### ACTION ITEM
State the number of lines in the records underneath where the word "that" turns up, and say nothing else.

Collected data entries:
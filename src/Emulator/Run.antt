-- ===== src/Emulator/Run.antt =====
-- `cpu_step` and `cpu_run` of src/tools/hyppotest.c, with `identical_cpustates`.
pub mod Steps
pub mod Total
use mega65_core.Prelude.{
  ℕ, zero, suc, ◌+◌, ◌-◌, ◌*◌, ◌<◌, Bool, true, false, ◌&&◌, ltb, leb, ◌==◌, if◌then◌else◌, store,
  Option, none, some,
}
use mega65_core.Emulator.State.{
  Regs, Bus, Log, Trace, Termination, Machine, M, ◌>>=◌, ◌>>◌, pure, flags_byte, set_error,
  set_error_listing, Fate,
}
use mega65_core.Emulator.Memory.{DmaController, memory_blame}
use mega65_core.Emulator.Instructions.Flow.{Outcome, entry_at}
use mega65_core.Emulator.Execute.{execute_instruction}

-- The globals that a run reads and does not change. `fresh n` is what the block holds that `malloc`
-- returns for the entry number n: `cpu_step` sets only some of its fields.
pub record Settings : Type 0 where
  pub breakpoints : ℕ → Bool
  pub fail_on_stack_overflow : Bool
  pub fail_on_stack_underflow : Bool
  pub fresh : ℕ → Log

abbrev pub max_log_length : ℕ
max_log_length = 32 * 1024 * 1024

abbrev pub infinite_loop_threshold : ℕ
infinite_loop_threshold = 65536

unfoldable pub same_regs : Regs → Regs → Bool
unfolding flags_byte
same_regs r s =
    r.pc == s.pc
    && r.a == s.a
    && r.x == s.x
    && r.y == s.y
    && r.z == s.z
    && flags_byte r == flags_byte s
    && r.b == s.b
    && r.spl == s.spl
    && r.sph == s.sph
    && r.in_hyper == s.in_hyper
    && r.map_irq_inhibit == s.map_irq_inhibit
    && r.maplo == s.maplo
    && r.maphi == s.maphi
    && r.maplomb == s.maplomb
    && r.maphimb == s.maphimb

abbrev pub same_below : ℕ → (ℕ → ℕ) → (ℕ → ℕ) → Bool
same_below zero f g = true
same_below (suc n) f g = f n == g n && same_below n f g

-- `memcmp` over the whole entry but `count`. The bytes of padding count as equal.
unfoldable pub identical_cpustates : Log → Log → Bool
unfolding same_regs
identical_cpustates k l =
    k.pc == l.pc
    && same_below 6 k.bytes l.bytes
    && k.len == l.len
    && k.dup == l.dup
    && k.zp16 == l.zp16
    && k.zp32 == l.zp32
    && k.zp_pointer == l.zp_pointer
    && k.zp_pointer_addr == l.zp_pointer_addr
    && same_regs k.regs l.regs
    && k.pops == l.pops
    && same_below 4 k.pop_blame l.pop_blame

abbrev pub with_term : (Termination → Termination) → Machine → Machine
with_term f m = record m { bus = record m.bus { term = f m.bus.term } }

abbrev pub fail : Machine → Machine
fail m = record m { bus = set_error m.bus }

-- An error after which the latest instructions are listed.
abbrev pub fail_listing : Machine → Machine
fail_listing m = record m { bus = set_error_listing m.bus }

module _ (settings : Settings) where
  -- The entry for the instruction at the program counter.
  unfoldable pub new_entry : Machine → Log
  new_entry m = record (settings.fresh m.trace.next_entry) {
    regs = m.regs;
    pc = m.regs.pc;
    len = 0;
    count = 1;
    dup = 0;
    overrun = false;
  }

  -- `cpu.instruction_count = cpulog_len; cpulog[cpulog_len++] = log;`
  unfoldable pub add_entry : Machine → Machine
  unfolding new_entry
  add_entry m =
      let t = m.trace in
      record m {
        log = new_entry m;
        bus = record m.bus { instruction_count = t.cpulog_len };
        trace = record t {
          entries = store t.entries t.next_entry (some (new_entry m));
          next_entry = suc t.next_entry;
          cpulog = store t.cpulog t.cpulog_len (some t.next_entry);
          cpulog_len = suc t.cpulog_len;
        };
      }

-- The instruction has written to its entry, at the pointer that was allocated last.
unfoldable pub keep_entry : Machine → Machine
keep_entry m =
    let t = m.trace in
    record m { trace = record t { entries = store t.entries (t.next_entry - 1) (some m.log) } }

-- The entry of the instruction becomes the latest at the new program counter.
unfoldable pub renew : M Outcome
renew m =
    let t = m.trace in
    (
      Outcome.returned true,
      record m {
        trace = record t { lastataddr = store t.lastataddr m.regs.pc (some (t.next_entry - 1)) };
      },
    )

-- `last`, at the pointer `p`, is the latest entry at the new program counter, `none` if it has been
-- freed. If it is identical, its count is raised; otherwise the new entry takes its place.
unfoldable pub compare_entries : ℕ → Option Log → M Outcome
unfolding identical_cpustates renew
compare_entries p none m = (Outcome.crashed, m)
compare_entries p (some last) m =
    let t = m.trace in
    let counted = store t.entries p (some (record last { count = last.count + 1 })) in
    let log' = record m.log { dup = 1 } in
    if identical_cpustates last m.log
    then (
      Outcome.returned true,
      record m {
        log = log';
        trace = record t { entries = store counted (t.next_entry - 1) (some log') };
      },
    )
    else renew m

-- Reading through a pointer to a freed entry is undefined behaviour: a crash.
unfoldable pub note_at : Option ℕ → M Outcome
unfolding renew compare_entries
note_at none m = renew m
note_at (some p) m = compare_entries p (m.trace.entries p) m

unfoldable pub note_address : M Outcome
unfolding note_at
note_address m = note_at (m.trace.lastataddr m.regs.pc) m

-- The checks after the instruction, from the stack on.
unfoldable pub check_stack : Settings → M Outcome
check_stack settings m =
    if m.stack_underflow && settings.fail_on_stack_underflow
    then (Outcome.returned false, fail_listing m)
    else (let calm = record m { stack_underflow = false } in
        if calm.stack_overflow && settings.fail_on_stack_overflow
        then (Outcome.returned false, fail_listing calm)
        else note_address (record calm {
          stack_overflow = false;
          bus = record m.bus { instruction_count = m.trace.cpulog_len };
        }))

-- What has happened below the handler decides: a job that died or has not returned, or a write past
-- the end of the entry, which is undefined behaviour.
unfoldable pub by_fate : Fate → Outcome → Outcome
by_fate Fate.crashed o = Outcome.crashed
by_fate Fate.unfinished o = Outcome.unfinished
by_fate Fate.runs o = o
by_fate Fate.lists o = o

unfoldable pub decided : Outcome → Machine → Outcome
unfolding by_fate
decided Outcome.crashed m = Outcome.crashed
decided Outcome.unfinished m = Outcome.unfinished
decided (Outcome.returned b) m =
    if m.log.overrun then Outcome.crashed else by_fate m.bus.fate (Outcome.returned b)

-- What follows the instruction, by how it ended.
unfoldable pub after_execution : Settings → Outcome → M Outcome
unfolding check_stack
after_execution settings Outcome.crashed m = (Outcome.crashed, m)
after_execution settings Outcome.unfinished m = (Outcome.unfinished, m)
after_execution settings (Outcome.returned false) m = (Outcome.returned false, fail_listing m)
after_execution settings (Outcome.returned true) m =
    if m.bus.term.done then (Outcome.returned false, m) else check_stack settings m

-- The test for an infinite loop, on the entry at the new program counter.
unfoldable pub looped : Machine → Option Bool
unfolding entry_at
looped m = elim (entry_at m.trace (m.trace.lastataddr m.regs.pc)) [
  | none ↦ none
  | some entry ↦ some (ltb infinite_loop_threshold entry.count)
]

-- The rest of a round of the loop, after `cpu_step`; `none` is another round.
unfoldable pub end_of_round : Outcome → Machine → Option (Outcome × Machine)
unfolding looped
end_of_round Outcome.crashed m = some (Outcome.crashed, m)
end_of_round Outcome.unfinished m = some (Outcome.unfinished, m)
end_of_round (Outcome.returned false) m = some (Outcome.returned false, m)
end_of_round (Outcome.returned true) m = elim (looped m) [
  | none ↦ some (Outcome.crashed, m)
  | some stuck ↦ if stuck then some (Outcome.returned false, fail_listing m) else none
]

module _ ⦃dma : DmaController⦄ (settings : Settings) where
  unfoldable pub cpu_step : M Outcome
  unfolding add_entry keep_entry decided after_execution
  cpu_step m =
      if settings.breakpoints m.regs.pc
      then (Outcome.returned false, with_term (λ t. record t { done = true }) m)
      else (let (ended, m') = execute_instruction (add_entry settings m) in
          after_execution settings (decided ended m') (keep_entry m'))

  -- One round of the loop of `cpu_run`, with its tests: how the loop ends, or the next state.
  unfoldable pub round : Machine → Option (Outcome × Machine) × Machine
  unfolding cpu_step end_of_round
  round m =
      if ltb m.trace.cpulog_len max_log_length
      then (if m.bus.term.done
          then (some (Outcome.returned true, m), m)
          else (let (ended, m') = cpu_step m in (end_of_round ended m', m')))
      else (some (Outcome.returned true, m), m)

  -- The loop on fuel; `none` means that the fuel ran out.
  unfoldable pub run_loop : ℕ → Machine → Option (Outcome × Machine)
  run_loop zero m = none
  run_loop (suc fuel) m =
      let rest = run_loop fuel (round m).1 in elim (round m).0 [ some end ↦ some end | none ↦ rest ]

  unfoldable pub cpu_run : Machine → Option (Outcome × Machine)
  cpu_run m =
      run_loop (suc max_log_length) (record m { stack_overflow = false; stack_underflow = false })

### EXERCISE RESULT
4